A micro particle analyzing device according to the prior art, for example, a flow cytometry analyzing a blood cell such as erythrocyte or leukocyte in blood uses a flow cell having a rectangular cross section and makes a sample solution, which includes micro particles to be analyzed, flow to a central part thereof. FIG. 1 shows an optical part for analyzing the sample flowing in the flow cell having the rectangular cross section. This structure has a characteristic of transverse illumination. That is, an incident path of a laser light source intersects an emission path of fluorescence generated by a micro particle excited due to the illumination from the light source.
The transverse illumination device for analyzing micro particles comprises a light source section 10 emitting light which will be illuminated to a sample; a cylindrical lens 20 regulating an amount and a focal distance of the light emitted from the light source 10; an object lens 40 adjacent to the sample to condense light emitted from the sample; a reflecting mirror 50 for reflecting the light having passed through the object lens to a reading section 80; and a reading section 80 sensing and reading the light emitted from the sample.
To analyze the erythrocyte or leukocyte in fluid, fluid is made to flow in a flow cell 90 mounted to the micro particle analyzing device.

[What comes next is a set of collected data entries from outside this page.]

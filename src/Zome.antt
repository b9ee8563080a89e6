-- ===== src/Zome.antt =====
-- zome.go, ribosome.go, holochain.go and bridge.go: what the zomes of an application define, and
-- which of their functions may be called.
pub mod Bridges
use holochain.Base.{
  Bytes, ℕ, List, [], ◌∷◌, ◌++◌, Bool, true, false, Option, none, some, bytes_equal, if◌then◌else◌,
  codes,
}
use holochain.Base.Map.{Map, lookup, insert}
use holochain.Base.Result.{
  Error, Result, ok, err, panic, no_definition, unknown_zome, function_not_available, ◌>>=◌, ◌>>◌,
  guard, or_err,
}
use holochain.Entry.{
  EntryDef, dna_entry_type, agent_entry_type, key_entry_type, dna_entry_def, agent_entry_def,
  key_entry_def, private,
}

abbrev pub zome_exposure : Bytes
zome_exposure = []

abbrev pub public_exposure : Bytes
public_exposure = codes "public"

pub record FunctionDef : Type 0 where
  pub name : Bytes
  pub exposure : Bytes

pub record Zome : Type 0 where
  pub name : Bytes
  pub entries : List EntryDef
  pub functions : List FunctionDef
  pub bridge_funcs : List Bytes

unfoldable pub find_entry_def : Bytes → List EntryDef → Option EntryDef
find_entry_def entry_name [] = none
find_entry_def entry_name (def ∷ defs) =
    if bytes_equal def.name entry_name then some def else find_entry_def entry_name defs

unfoldable pub private_defs : List EntryDef → List EntryDef
private_defs [] = []
private_defs (def ∷ defs) =
    let rest = private_defs defs in if bytes_equal def.sharing private then def ∷ rest else rest

unfoldable pub find_function : Bytes → List FunctionDef → Option FunctionDef
find_function fn_name [] = none
find_function fn_name (f ∷ fs) =
    if bytes_equal f.name fn_name then some f else find_function fn_name fs

unfoldable pub valid_exposure : FunctionDef → Bytes → Bool
valid_exposure f context =
    if bytes_equal f.exposure public_exposure then true else bytes_equal f.exposure context

-- The error that is left is the last zome's, and there is none without zomes.
unfoldable pub zomes_entry_def : Bytes → List Zome → Result (Option EntryDef)
unfolding find_entry_def
zomes_entry_def t [] = ok none
zomes_entry_def t (z ∷ []) = do d ← or_err (find_entry_def t z.entries) no_definition; ok (some d)
zomes_entry_def t (z ∷ y ∷ zs) = elim (find_entry_def t z.entries) [
  | none ↦ zomes_entry_def t (y ∷ zs)
  | some d ↦ ok (some d)
]

-- `GetEntryDef`: the definition may be nil.
unfoldable pub get_entry_def : Bytes → List Zome → Result (Option EntryDef)
unfolding zomes_entry_def
get_entry_def t zomes =
    if bytes_equal t dna_entry_type
    then ok (some dna_entry_def)
    else if bytes_equal t agent_entry_type
    then ok (some agent_entry_def)
    else if bytes_equal t key_entry_type
    then ok (some key_entry_def)
    else zomes_entry_def t zomes

unfoldable pub private_entry_defs : List Zome → List EntryDef
unfolding private_defs
private_entry_defs [] = []
private_entry_defs (z ∷ zs) = private_defs z.entries ++ private_entry_defs zs

unfoldable pub get_zome : Bytes → List Zome → Result Zome
get_zome z_name [] = err unknown_zome
get_zome z_name (z ∷ zs) = if bytes_equal z.name z_name then ok z else get_zome z_name zs

-- `Call`, where `make_ribosome` makes the interpreter of a zome, which calls a function with the
-- arguments.
unfoldable pub call :
    (Zome → Result (FunctionDef → Result Bytes)) → Bytes → Bytes → Bytes → List Zome → Result Bytes
unfolding get_zome find_function valid_exposure
call make_ribosome zome_type function exposure_context zomes = do
  z ← get_zome zome_type zomes
  n ← make_ribosome z
  fn ← or_err (find_function function z.functions) no_definition
  _ ← guard (valid_exposure fn exposure_context) function_not_available
  n fn

-- The functions that are open to bridges, by the name of their zome.
abbrev pub BridgeSpec : Type 0
BridgeSpec = Map (Map Bool)

unfoldable pub check_bridge_spec : BridgeSpec → Bytes → Bytes → Bool
check_bridge_spec spec zome_type function = elim (lookup zome_type spec) [
  | none ↦ false
  | some f ↦ elim (lookup function f) [ none ↦ false | some b ↦ true ]
]

-- `funcs[f] = true` writes to the map made last, that of the zome with the name `last`.
unfoldable pub add_function : Bytes → Bytes → BridgeSpec → BridgeSpec
add_function last f spec = elim (lookup last spec) [
  | none ↦ spec
  | some funcs ↦ insert last (insert f true funcs) spec
]

-- The inner loop; it returns the name of the zome whose map was made last too.
unfoldable pub bridge_functions : Bytes → List Bytes → Bytes → BridgeSpec → Bytes × BridgeSpec
unfolding add_function
bridge_functions name [] last spec = (last, spec)
bridge_functions name (f ∷ fs) last spec = elim (lookup name spec) [
  | none ↦ bridge_functions name fs name (add_function name f (insert name [] spec))
  | some funcs ↦ bridge_functions name fs last (add_function last f spec)
]

unfoldable pub bridge_zomes : List Zome → Bytes → BridgeSpec → BridgeSpec
unfolding bridge_functions
bridge_zomes [] last spec = spec
bridge_zomes (z ∷ zs) last spec =
    let (last', spec') = bridge_functions z.name z.bridge_funcs last spec in
    bridge_zomes zs last' spec'

unfoldable pub make_bridge_spec : List Zome → BridgeSpec
unfolding bridge_zomes
make_bridge_spec zomes = bridge_zomes zomes [] []
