-- ===== src/Action.antt =====
-- action.go: the actions of an application, what they are about, and what they need of others.
pub mod Args
pub mod System
pub mod Links
pub mod Receive
pub mod Get
pub mod Stored
pub mod Follow
pub mod FindNode
pub mod Commit
pub mod Messages
use holochain.Base.{Bytes, ℕ, List, Bool, Option}
use holochain.Base.Map.{Map}
use holochain.Base.Result.{Error, Result}
use holochain.Hash.{Hash}
use holochain.Header.{Header}
use holochain.Platform.{Platform, Content}
use holochain.Entry.{EntryDef}
use holochain.Chain.{Chain}
use holochain.Kad.Bucket.{PeerId}
use holochain.Kad.Table.{Table}
use holochain.Dht.Store.{Db, Codec, Message}
use holochain.Dht.Links.{TaggedHash}
use holochain.Warrant.{Keys, SelfRevocation}
use holochain.Zome.{Zome}

-- entry.go: an agent's entry (its identity is of the application), a link of a links entry, and
-- the record of a deletion.
pub record AgentEntry : Type 0 where
  pub revocation : Option Bytes
  pub public_key : Bytes

pub record Link : Type 0 where
  pub link_action : Bytes
  pub base : Bytes
  pub link : Bytes
  pub tag : Bytes

pub record DelEntry : Type 0 where
  pub hash : Hash
  pub message : Bytes

-- The actions that are validated. The entry of a commit is an interface, which may be nil.
pub data ValidatingAction : Type 0 where
  commit_action : (entry : Option Content) → ValidatingAction
  put_action : (entry : Option Content) (header : Option Header) → ValidatingAction
  mod_action :
      (entry : Option Content) (header : Option Header) (replaces : Hash) → ValidatingAction
  del_action : (entry_type : Bytes) (entry : DelEntry) → ValidatingAction
  link_action_of : (links : List Link) (validation_base : Hash) → ValidatingAction

-- What the source of an entry answers to a validation request (its package is read by the
-- application only).
pub record ValidateResponse : Type 0 where
  pub type : Bytes
  pub header : Header
  pub entry : Content

-- What the handlers take from other packages, from the application and from the network.
pub record Services : Type 0 where
  pub platform : Platform
  pub codec : Codec
  pub keys : Keys
  pub zomes : List Zome
  -- JSON schemas: the validator of an entry type, which is given the parsed text.
  pub schema : Bytes → Option (Content → Bool)
  -- encoding/json: whether a text parses, and what it is as a list of maps, as a links entry and
  -- as a revocation.
  pub parses : Bytes → Bool
  pub link_maps : Bytes → Option (List (Map Bytes))
  pub links_entry : Bytes → Option (List Link)
  pub revocation : Bytes → Option SelfRevocation
  -- encoding/gob: the record of a deletion.
  pub del_entry : Bytes → Option DelEntry
  -- The type assertion to `AgentEntry`.
  pub as_agent : Content → Option AgentEntry
  -- go-libp2p-peer and the peer store.
  pub decode_peer : Bytes → Option PeerId
  pub has_address : PeerId → Bool
  -- The validation that the application's code does in the ribosome.
  pub app_validate : ValidatingAction → EntryDef → List PeerId → Result (Unit {0})
  -- The receiver that the application's code has in a zome.
  pub app_receive : Zome → PeerId → Bytes → Result Bytes
  -- `Send` of a validation request with a message type.
  pub ask : PeerId → ℕ → Hash → Result ValidateResponse

-- What a node keeps: its store, its own chain, its routing table, the messages that wait for
-- another try (`retryQueue`) and the block list.
pub record Holder : Type 0 where
  pub self : PeerId
  pub db : Db
  pub chain : Chain
  pub table : Table
  pub retries : List (Message × ℕ)
  pub blocked : Map Bool

-- `GetResp`.
pub record GetResp : Type 0 where
  pub entry : Option Content
  pub entry_type : Bytes
  pub sources : List PeerId
  pub follow_hash : Bytes

-- `DHTChangeOK`, `DHTChangeUnknownHashQueuedForRetry` and the answers with content.
pub data Response : Type 0 where
  change_ok queued_for_retry : Response
  closer_peers : List PeerId → Response
  got_entry : GetResp → Response
  got_links : List TaggedHash → Response
  app_reply : (zome_type body : Bytes) → Response

-- How a handler ends. An error may come with a response, which is sent as its payload.
pub data Reply : Type 0 where
  reply : Response → Reply
  refused : Option Response → Error → Reply
  panics : Reply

FIG. 2 shows a cross section of the flow cell. The fluid flows to a sample injecting inlet 91, and a buffer solution 94 is injected to a buffer solution injecting inlet 92 to flow around the sample. The sample responds to light of the light source 10 and emits light when passing through an observation point 93.

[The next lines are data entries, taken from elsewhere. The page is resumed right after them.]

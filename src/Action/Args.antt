-- ===== src/Action/Args.antt =====
-- action.go: the arguments of the actions that an application calls, and the check of their number.
use holochain.Base.{
  Bytes, ℕ, suc, List, [], ◌∷◌, Bool, true, false, not, ◌||◌, ltb, if◌then◌else◌, length, codes,
}
use holochain.Base.Result.{Result, ok, err, wrong_nargs}

pub data ArgType : Type 0 where
  hash_arg string_arg entry_arg int_arg bool_arg map_arg to_str_arg args_arg : ArgType

pub record Arg : Type 0 where
  pub name : Bytes
  pub type : ArgType
  pub optional : Bool

abbrev pub arg : Bytes → ArgType → Arg
arg name type = record { name = name; type = type; optional = false }

abbrev pub optional_arg : Bytes → ArgType → Arg
optional_arg name type = record { name = name; type = type; optional = true }

abbrev pub property_args : List Arg
property_args = arg (codes "name") string_arg ∷ []

abbrev pub debug_args : List Arg
debug_args = arg (codes "value") to_str_arg ∷ []

abbrev pub make_hash_args : List Arg
make_hash_args = arg (codes "entryType") string_arg ∷ arg (codes "entry") entry_arg ∷ []

abbrev pub commit_args : List Arg
commit_args = arg (codes "entryType") string_arg ∷ arg (codes "entry") entry_arg ∷ []

abbrev pub get_args : List Arg
get_args = arg (codes "hash") hash_arg ∷ optional_arg (codes "options") map_arg ∷ []

abbrev pub call_args : List Arg
call_args =
    arg (codes "zome") string_arg
    ∷ arg (codes "function") string_arg
    ∷ arg (codes "args") args_arg
    ∷ []

abbrev pub sign_args : List Arg
sign_args = arg (codes "doc") string_arg ∷ []

abbrev pub verify_signature_args : List Arg
verify_signature_args =
    arg (codes "signature") string_arg
    ∷ arg (codes "data") string_arg
    ∷ arg (codes "pubKey") string_arg
    ∷ []

abbrev pub bridge_args : List Arg
bridge_args =
    arg (codes "app") hash_arg
    ∷ arg (codes "zome") string_arg
    ∷ arg (codes "function") string_arg
    ∷ arg (codes "args") args_arg
    ∷ []

abbrev pub send_args : List Arg
send_args =
    arg (codes "to") hash_arg
    ∷ arg (codes "msg") map_arg
    ∷ optional_arg (codes "options") map_arg
    ∷ []

abbrev pub query_args : List Arg
query_args = optional_arg (codes "options") map_arg ∷ []

abbrev pub mod_args : List Arg
mod_args =
    arg (codes "entryType") string_arg
    ∷ arg (codes "entry") entry_arg
    ∷ arg (codes "replaces") hash_arg
    ∷ []

abbrev pub mod_agent_args : List Arg
mod_agent_args = arg (codes "options") map_arg ∷ []

abbrev pub del_args : List Arg
del_args = arg (codes "hash") hash_arg ∷ arg (codes "message") string_arg ∷ []

abbrev pub get_links_args : List Arg
get_links_args =
    arg (codes "base") hash_arg
    ∷ arg (codes "tag") string_arg
    ∷ optional_arg (codes "options") map_arg
    ∷ []

unfoldable pub min_args : List Arg → ℕ
min_args [] = 0
min_args (a ∷ args) = let rest = min_args args in if not a.optional then suc rest else rest

unfoldable pub check_arg_count : List Arg → ℕ → Result (Unit {0})
unfolding min_args
check_arg_count args l =
    if ltb l (min_args args) || ltb (length args) l then err wrong_nargs else ok tt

Preferably, the flow cell 90 or the sample is treated with fluorescent material in advance. When the micro particle (for example, erythrocyte) in the sample is illuminated with light of the light source 10, it responds the light together with the fluorescent material and emits light having a specific wavelength band. The light is selectively passed through a filter 70 and then can be signal-processed at a signal processing reading section 80 (for example, photo multiplier tube (PMT) or CCD camera).
The above micro particle analyzing device may further comprise an aperture 60 and the filter 70 so that only light having a specific wavelength band of the emission lights can be passed through.
In recent years, a microchip based flow cytometry using a microchip including a micro channel as a flow cell to analyze a micro amount of sample has been researched and developed. When using a microchip 540 as shown in FIG. 6, since the microchip has a flat horizontal structure, it is adopted an optical structure such that laser light is incident through an object lens and fluorescence emitted from a micro particle is focused at the same time (i.e., axial illumination).
The transverse illumination shown in FIG. 1 can mount different standards of optical devices at the incident path of the light source and the emission path of the fluorescence. However, in the axial illumination as shown in FIGS. 3 and 4, characteristics of the incident light and the emission fluorescence are determined depending on the standard of the object lens.
The above characteristic of the axial illumination causes a disadvantage that it is impossible to independently regulate a light spot form of an incident light and a focused form of emission fluorescence each other.
To secure a uniformity of scattered light or fluorescence signal emitted from a sample particle in the microchip based flow cytometry, a magnitude of the light spot of the incident laser light should be large enough to include the sample particle. In addition, it should emit regular lights without regard to upper and lower positions of the particles to the light spot. Accordingly, it is preferred to use a lens having a small numerical aperture. However, when the emission light of the micro particle is again focused with the lens having the small numerical aperture, there is a problem of decreasing a focusing efficiency of emission light. The reason is because a lens having a large numerical aperture is preferred to focus the emission light of the micro particle.
Accordingly, ideal conditions of the optical part applied to the flow cytometry are as follows. An incident light is made to pass through a lens having a small numerical aperture and then to illuminate the sample particle. An emission light is made to pass through a lens having a large numerical aperture and then to be detected at a sensing section.